Là, nait la légende. Constanze, sa femme, elle-même musicienne d'ailleurs - fait achever l'oeuvre par trois - peut-être plus - élèves de Mozart car oui Mozart avait des élèves, contrairement à ce qu'indique le film de Forman, dont Franz Xavier Süssmayr et Joseph Eybier. Personne ne sait exactement ce qu'a composé lui-même Mozart et qui a terminé le reste du travail. Il y a certes une partition manuscrite de Mozart sur laquelle se sont greffés les ajouts de Eybier et une seconde, de Süssmayr, qui reprend la première plus d'autres ajouts mais cela ne suffit pas à tout comprendre. D'autres noms sont également cités sans que l'on sache qui a joué quel rôle dans la genèse de l'oeuvre.

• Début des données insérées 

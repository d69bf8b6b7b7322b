-- ===== src/Formats/PidControl.antt =====
-- How the D-Bus values of src/pid_control.hpp become enumerators.
use obmc_yadro_webapp.Prelude.{ℕ, Option, List, [], ◌∷◌, nat_eq, text_eq}
use obmc_yadro_webapp.Prelude.Text.{Text, text}
use obmc_yadro_webapp.Entity.{FieldType}
use obmc_yadro_webapp.Formats.Base.{format_value_from_dict, raw_string, bool_eq}

pub data PidProfileProfile : Type 0 where
  acoustic performance : PidProfileProfile

unfoldable pub pid_profile_profile_to_int : PidProfileProfile → ℕ
pid_profile_profile_to_int PidProfileProfile.acoustic = 0
pid_profile_profile_to_int PidProfileProfile.performance = 1

unfoldable pub pid_profile_profile_dict : List (Text × PidProfileProfile)
pid_profile_profile_dict =
    (text "Acoustic", PidProfileProfile.acoustic)
    ∷ (text "Performance", PidProfileProfile.performance)
    ∷ []

unfoldable pub format_pid_profile_profile : FieldType → Option FieldType
unfolding format_value_from_dict pid_profile_profile_dict pid_profile_profile_to_int
format_pid_profile_profile value =
    format_value_from_dict raw_string pid_profile_profile_to_int pid_profile_profile_dict
      PidProfileProfile.acoustic value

Le premier morceau comporte une large partie de la main de Mozart ainsi que la première moitié de l'oeuvre du Dies Irae au Confutatis mais d'autres morceaux furent à peine ébauchés comme le Lacrimosa, pourtant pièce maitresse de l'oeuvre, qui comporte seulement 8 mesures écrites de sa main ! Il aurait donné lui-même des instructions orales et écrites pour achever son oeuvre. "Il y travailla avec la plus grande diligence, mais comme il se sentait faible, Süssmayr devait souvent chanter avec lui et moi-même ce qu'il avait écrit..." notait Constanze Mozart à ce propos dans une lettre. Le plus étonnant c'est que le reste de l'oeuvre présente une qualité et une homogénéité miraculeuse alors que l'oeuvre, nimbée de mort et inachevée, paraissait maudite. Loin de s'affadir, de bout en bout le Requiem demeure brillant. L'Agnus Dei, dont aucune ligne n'a été composé par Mozart est un chef-d'oeuvre. Certes il comprend une large coda - reprise - de l'introduction du Requiem mais ça reste bien au-dessus de ce qu'était capable, semble-t-il, de composer Süssmayr - que Mozart n'appréciait guère d'ailleurs. Le mystère plane, et c'est là que l'oeuvre prend une dimension mythique et mystique.


L'oeuvre n'est pas figée. Certains l'ont remanié. Elle est parfois jouée avec un Amen retrouvé des années plus tard, parfois en supprimant des parties ou même en intégrant un nouveau morceau (Libera Me, composé par un compositeur viennois trente ans après la mort du compositeur). L'oeuvre fut par la suite l'objet de récupérations, réprouvée par des catholiques considérant cette musique trop ornementale ou défendue par des romantismes qui y voyaient une forme de sincère transcentalité. Le requiem a tant été joué, pour signifier le deuil, symbole universel de l'affliction, même chez les nazis qui changèrent le texte pour en supprimer le caractère juif, il a tant été joué, qu'il est devenu un symbole, presque pompeux et cliché, aux qualités pourtant exceptionnelles.


Mais il faut parler du fond de cette oeuvre, la religion.


Religion, prière et affliction


L'oeuvre, au-delà de son contexte de composition est quelque part miraculée, miraculeuse, divine.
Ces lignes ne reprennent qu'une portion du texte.